Residents demand early completion of work to provide drainage disposal facility

The residents of R.K. Naidu Layout in Ward 13 took up the issue, both collectively and individually, writing letters to the Coimbatore Corporation.

June 02, 2014 01:55 pm | Updated 01:56 pm IST - COIMBATORE:

Pre-stressed concrete pipes kept ready for UnderGround Drainage work behind R.K Naidu Layout atVenkitapuram in Coimbatore. PHOTO: K. ANANTHAN

Pre-stressed concrete pipes kept ready for UnderGround Drainage work behind R.K Naidu Layout atVenkitapuram in Coimbatore. PHOTO: K. ANANTHAN

Residents of R.K. Naidu Layout in Ward 13 want the Coimbatore Corporation to complete at the earliest the work to provide a proper drainage disposal facility for the area.

The work had been pending for long because the Corporation had not made proper arrangements in the past and the area shared borders with the Government College of Technology on the southern side and Tamil Nadu Agricultural University on the western side.

This prevented the Corporation from connecting the drain to a drainage disposal system, said S.M. Subramani, president, R.K. Naidu Residents’ Welfare Association. The lack of the disposal system led to a situation where the sewage flowed and stagnated in the Government College of Technology, rising objection from the college management.

The residents too took up the issue, both collectively and individually, writing letters to the Corporation.

For the civic body, though, the problem was obtaining permission from the Director of Technical Education and the Department of Agriculture to take the sewage through the college and the university.

Permission

After bureaucratic delays, the Corporation recently managed to obtain permission from both to take the sewage to a natural drain, Chunnambu Kalvai, which is northwest of the layout.

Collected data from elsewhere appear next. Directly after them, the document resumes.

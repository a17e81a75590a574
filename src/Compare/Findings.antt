-- ===== src/Compare/Findings.antt =====
-- The findings that the loop of src/compare/engine.cpp builds itself, and the evidence it adds. A
-- formatted integer is its decimal text.
use mediadiff.Base.{
  Bool, Expected, List, Option, Text, [], false, get_elem?, if◌then◌else◌, is_empty, is_some, none,
  ok, some, text, true, ℕ, ◌++◌, ◌∷◌,
}
use mediadiff.Compare.Engine.{PairKey, value_kind_mismatch, value_kind_name}
use mediadiff.Core.Model.{
  Finding, Measurement, ScopeKind, Value, Vendor, absent, cross_container, errored, failed,
  is_not_skipped, not_skipped, program, skip_reason_to_string, skipped,
}
use mediadiff.Core.Policy.{Policy, to_string}
use mediadiff.Core.Registry.{CheckDef, Severity, ValueKind, fail, ignore}

-- `per_check[index].severity`; an index out of range is undefined in C++.
unfoldable pub per_check_severity : Policy → ℕ → Severity
per_check_severity policy index = elim (get_elem? policy.per_check index) [
  | none ↦ ignore
  | some resolved ↦ resolved.severity
]

-- The value of a side, or `Absent` where the side has no measurement.
abbrev pub side_value : {Json : Type 0} → Option (Measurement Json) → Value
side_value none = absent
side_value (some m) = m.value

abbrev pub is_program : ScopeKind → Bool
is_program program = true
is_program _ = false

module _ (V : Vendor) where
  abbrev pub side_evidence : Text → Measurement V.Json → List (Text × V.Json)
  side_evidence side m = if V.is_object m.evidence then (side, m.evidence) ∷ [] else []

  unfoldable pub pair_evidence : Measurement V.Json → Measurement V.Json → List (Text × V.Json)
  pair_evidence baseline candidate =
      side_evidence (text "baseline") baseline ++ side_evidence (text "candidate") candidate

  unfoldable pub demoted_finding :
      CheckDef
      → Policy
      → PairKey
      → Option (Measurement V.Json)
      → Option (Measurement V.Json)
      → Finding V.Json
  unfolding per_check_severity skip_reason_to_string
  demoted_finding check policy key baseline candidate = record {
    id = check.id;
    scope = record { kind = key.scope_kind; index = key.scope_index };
    status = skipped;
    severity = per_check_severity policy key.check_index;
    baseline = side_value baseline;
    candidate = side_value candidate;
    message =
        text "check '" ++ check.id ++ text "' skipped: " ++ skip_reason_to_string cross_container;
    skip_reason = cross_container;
    evidence = V.null_json;
  }

  unfoldable pub topology_finding :
      CheckDef
      → PairKey
      → Option (Measurement V.Json)
      → Option (Measurement V.Json)
      → Finding V.Json
  unfolding to_string
  topology_finding check key baseline candidate = record {
    id = check.id;
    scope = record { kind = key.scope_kind; index = key.scope_index };
    status = failed;
    severity = fail;
    baseline = side_value baseline;
    candidate = if is_some baseline then absent else side_value candidate;
    message =
        text "check '"
        ++ check.id
        ++ text "': program "
        ++ to_string key.scope_index
        ++ text " present only on the "
        ++ (if is_some baseline then text "baseline" else text "candidate")
        ++ text " side -- topology mismatch";
    skip_reason = not_skipped;
    evidence = V.null_json;
  }

  unfoldable pub skipped_finding :
      CheckDef → Policy → PairKey → Measurement V.Json → Measurement V.Json → Finding V.Json
  unfolding per_check_severity skip_reason_to_string pair_evidence
  skipped_finding check policy key baseline candidate =
      let reason =
        if is_not_skipped baseline.skip_reason
        then candidate.skip_reason
        else baseline.skip_reason in
      let evidence = pair_evidence baseline candidate in
      record {
        id = check.id;
        scope = candidate.scope;
        status = skipped;
        severity = per_check_severity policy key.check_index;
        baseline = baseline.value;
        candidate = candidate.value;
        message = text "check '" ++ check.id ++ text "' skipped: " ++ skip_reason_to_string reason;
        skip_reason = reason;
        evidence = if is_empty evidence then V.null_json else V.make_object evidence;
      }

  unfoldable pub mismatch_finding :
      CheckDef
      → Policy
      → PairKey
      → Measurement V.Json
      → Measurement V.Json
      → ValueKind
      → Finding V.Json
  unfolding per_check_severity value_kind_name
  mismatch_finding check policy key baseline candidate observed = record {
    id = check.id;
    scope = candidate.scope;
    status = errored;
    severity = per_check_severity policy key.check_index;
    baseline = baseline.value;
    candidate = candidate.value;
    message =
        text "value_kind mismatch: check '"
        ++ check.id
        ++ text "' declares "
        ++ value_kind_name check.value_kind
        ++ text ", measurement holds "
        ++ value_kind_name observed;
    skip_reason = not_skipped;
    evidence = V.null_json;
  }

  -- The sides' evidence, after what the comparator recorded itself.
  unfoldable pub with_evidence : List (Text × V.Json) → Finding V.Json → Finding V.Json
  with_evidence evidence finding =
      if is_empty evidence
      then finding
      else if V.is_object finding.evidence
      then record finding { evidence = V.make_object (V.entries finding.evidence ++ evidence) }
      else record finding { evidence = V.make_object evidence }

  -- The kind that the error names: the baseline's, or else the candidate's.
  unfoldable pub observed_mismatch :
      CheckDef → Measurement V.Json → Measurement V.Json → Option ValueKind
  unfolding value_kind_mismatch
  observed_mismatch check baseline candidate =
      elim (value_kind_mismatch baseline.value check.value_kind) [
        | some observed ↦ some observed
        | none ↦ value_kind_mismatch candidate.value check.value_kind
      ]

  abbrev pub unpaired :
      CheckDef
      → PairKey
      → Option (Measurement V.Json)
      → Option (Measurement V.Json)
      → Expected (Option (Finding V.Json))
  unpaired check key baseline candidate =
      if is_program key.scope_kind
      then ok (some (topology_finding check key baseline candidate))
      else ok none
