-- ===== src/Compare/Hash.antt =====
-- src/compare/hash.cpp.
use mediadiff.Base.{
  Bool, List, Option, Text, [], and_then, false, if◌then◌else◌, is_empty, ltb, none, ok, pos, some,
  text, text_eq, true, ℕ, ℤ, ◌&&◌, ◌*◌, ◌++◌, ◌+◌, ◌-◌, ◌==◌, ◌^◌, ◌||◌, ◌∷◌,
}
use mediadiff.Compare.{Comparator, escalate, start_finding}
use mediadiff.Compare.Divergence.{DivergenceReport, compute_divergence}
use mediadiff.Core.Model.{
  Finding, HashChain, Measurement, Value, Vendor, hash_incomparable, hash_value, passed, skipped,
}
use mediadiff.Core.Policy.{Policy, to_string}
use mediadiff.Core.Policy.Resolve.{resolve_severity}
use mediadiff.Core.Registry.{CheckDef}
use mediadiff.Core.Tolerance.{is_digit}

-- The text behind a prefix, and behind the first place where a text occurs.
unfoldable pub strip_prefix : Text → Text → Option Text
strip_prefix [] s = some s
strip_prefix (p ∷ ps) [] = none
strip_prefix (p ∷ ps) (c ∷ s) = let rest = strip_prefix ps s in if p == c then rest else none

unfoldable pub after_first : Text → Text → Option Text
unfolding strip_prefix
after_first needle [] = strip_prefix needle []
after_first needle (c ∷ s) = elim (strip_prefix needle (c ∷ s)) [
  | some rest ↦ some rest
  | none ↦ after_first needle s
]

unfoldable pub leading_digits : Text → Text
leading_digits [] = []
leading_digits (c ∷ s) = let rest = leading_digits s in if is_digit c then c ∷ rest else []

unfoldable pub digits_value : ℕ → Text → ℕ
digits_value v [] = v
digits_value v (c ∷ s) = digits_value (v * 10 + (c - 48)) s

-- `std::stoll` of digits; nothing where it throws.
unfoldable pub stoll : Text → Option ℤ
unfolding digits_value
stoll digits =
    let v = digits_value 0 digits in
    if is_empty digits || ltb (2 ^ 63 - 1) v then none else some (pos v)

unfoldable pub rate_of : Text → Option ℤ
unfolding after_first leading_digits stoll
rate_of normalization =
    and_then (after_first (text "rate=") normalization) (λ rest. stoll (leading_digits rest))

-- `kPreconditionKeys`.
abbrev pub precondition_keys : List Text
precondition_keys = text "decode_path_class" ∷ text "sampling_state" ∷ text "normalization" ∷ []

abbrev pub which_side : Bool → Bool → Text
which_side baseline candidate =
    if baseline && candidate
    then text "both sides"
    else if baseline
    then text "the baseline"
    else text "the candidate"

abbrev pub truncated_message : Bool → Bool → Text
truncated_message b c =
    text "hash comparison skipped: 'sampling_state' is 'truncated' on "
    ++ which_side b c
    ++ text " -- the decode stopped before the end of the stream, so a digest match cannot "
    ++ text "vouch for the unread remainder; see decode_truncation_reason and "
    ++ text "meta.decode_errors, and re-run on intact media"

unfoldable pub block_message : (V : Vendor) → DivergenceReport → Text
unfolding to_string
block_message V d =
    text "digests differ -- first divergent block "
    ++ to_string d.first_divergent_block
    ++ text " (samples ["
    ++ to_string d.first_divergent_start_sample
    ++ text ", "
    ++ to_string d.first_divergent_end_sample
    ++ text ")"
    ++ elim d.first_divergent_time_ms [
      | none ↦ []
      | some time ↦ text ", ~" ++ V.format_tenths time ++ text " ms"
    ]
    ++ text "), "
    ++ to_string d.divergent_block_count
    ++ text " divergent block(s) total"

module _ (V : Vendor) where
  unfoldable pub extract_rate_hz : V.Json → Option ℤ
  unfolding rate_of
  extract_rate_hz evidence =
      if V.is_object evidence
      then and_then (and_then (V.member evidence (text "normalization")) V.as_string) rate_of
      else none

  unfoldable pub is_truncated_sampling : V.Json → Bool
  is_truncated_sampling evidence =
      if V.is_object evidence
      then elim (and_then (V.member evidence (text "sampling_state")) V.as_string) [
        | none ↦ false
        | some value ↦ text_eq value (text "truncated")
      ]
      else false

  -- The two sides have the same value of the key, or both have none.
  abbrev pub members_agree : Option V.Json → Option V.Json → Bool
  members_agree none none = true
  members_agree (some b) (some c) = V.json_eq b c
  members_agree _ _ = false

  unfoldable pub first_mismatch : List Text → V.Json → V.Json → Option Text
  first_mismatch [] baseline candidate = none
  first_mismatch (key ∷ keys) baseline candidate =
      let rest = first_mismatch keys baseline candidate in
      if members_agree (V.member baseline key) (V.member candidate key) then rest else some key

  -- The first key that disagrees; nothing for the empty text.
  unfoldable pub first_precondition_mismatch : V.Json → V.Json → Option Text
  unfolding first_mismatch
  first_precondition_mismatch baseline candidate =
      first_mismatch precondition_keys baseline candidate

  unfoldable pub range_json : List (ℤ × ℤ) → List V.Json
  range_json [] = []
  range_json ((start, stop) ∷ ranges) =
      V.make_object
        ((text "start_block", V.from_int64 start) ∷ (text "end_block", V.from_int64 stop) ∷ [])
      ∷ range_json ranges

  unfoldable pub divergence_evidence : DivergenceReport → V.Json
  unfolding range_json
  divergence_evidence d = V.make_object (
      (text "first_divergent_block", V.from_int64 d.first_divergent_block)
        ∷ (
          text "sample_range",
          V.make_object (
              (text "start", V.from_int64 d.first_divergent_start_sample)
              ∷ (text "end", V.from_int64 d.first_divergent_end_sample)
              ∷ []),
        )
        ∷ elim d.first_divergent_time_ms [
          | none ↦ []
          | some time ↦ (text "first_divergent_time_ms", V.from_double time) ∷ []
        ]
      ++ (text "divergent_ranges", V.make_array (range_json d.divergent_ranges))
        ∷ (text "divergent_block_count", V.from_int64 d.divergent_block_count)
        ∷ [])

  unfoldable pub incomparable_finding :
      CheckDef → Measurement V.Json → Measurement V.Json → Policy → Text → Finding V.Json
  unfolding start_finding
  incomparable_finding check baseline candidate policy message =
      record (start_finding V check baseline candidate policy skipped message) {
        skip_reason = hash_incomparable;
      }

  -- The finding of a difference, with its message and evidence.
  unfoldable pub difference_finding :
      CheckDef
      → Measurement V.Json
      → Measurement V.Json
      → Policy
      → HashChain
      → HashChain
      → Finding V.Json
  unfolding start_finding compute_divergence extract_rate_hz divergence_evidence block_message
      to_string
  difference_finding check baseline candidate policy b c =
      let divergence = compute_divergence V b c (extract_rate_hz candidate.evidence) in
      let status = escalate (resolve_severity check policy) in
      if divergence.available
      then record (start_finding V check baseline candidate policy status
          (block_message V divergence)) { evidence = divergence_evidence divergence }
      else start_finding V check baseline candidate policy status (
          text "digests differ ("
          ++ to_string b.element_count
          ++ text " baseline element(s), "
          ++ to_string c.element_count
          ++ text " candidate element(s))")

  unfoldable pub chains_finding :
      CheckDef → Measurement V.Json → Measurement V.Json → Policy → Value → Value → Finding V.Json
  unfolding start_finding difference_finding
  chains_finding check baseline candidate policy (hash_value b) (hash_value c) =
      if text_eq b.algorithm c.algorithm && text_eq b.digest c.digest
      then start_finding V check baseline candidate policy passed (text "digests match")
      else difference_finding check baseline candidate policy b c
  chains_finding check baseline candidate policy _ _ =
      start_finding V check baseline candidate policy (escalate (resolve_severity check policy))
        (text "hash chain present on only one side")

  -- The finding behind the test of the preconditions.
  abbrev pub unless_mismatch :
      CheckDef → Measurement V.Json → Measurement V.Json → Policy → Option Text → Finding V.Json
  unless_mismatch check baseline candidate policy none =
      chains_finding check baseline candidate policy baseline.value candidate.value
  unless_mismatch check baseline candidate policy (some key) =
      incomparable_finding check baseline candidate policy (
        text "hash comparison skipped: '"
        ++ key
        ++ text "' precondition differs between baseline and candidate -- use a perceptual "
        ++ text "or epsilon comparison instead")

  unfoldable pub compare_hash : Comparator V.Json
  unfolding is_truncated_sampling first_precondition_mismatch incomparable_finding chains_finding
  compare_hash check baseline candidate policy =
      let b = is_truncated_sampling baseline.evidence in
      let c = is_truncated_sampling candidate.evidence in
      if b || c
      then ok (incomparable_finding check baseline candidate policy (truncated_message b c))
      else ok (
          unless_mismatch check baseline candidate policy
            (first_precondition_mismatch baseline.evidence candidate.evidence))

The Corporation had begun the work by placing pipelines in the area. The plan was to take the sewage underground, without affecting the agricultural lands.

However, R. Pradeep Kumar, a resident, said that the Corporation’s move was ill conceived because the civic body had planned to take the sewage against the natural gradient.

When the natural slope was from north to south, the Corporation had planned to take the sewage south to north to reach the natural drain. The zigzag alignment of the pipeline would only lead to stagnation, he said and suggested that the Corporation should take the sewage north to south to Marudhamalai Road or the southern side of Thadagam Road.

Municipal sources, however, said that they had carefully studied the project and that it would not lead to stagnation of water.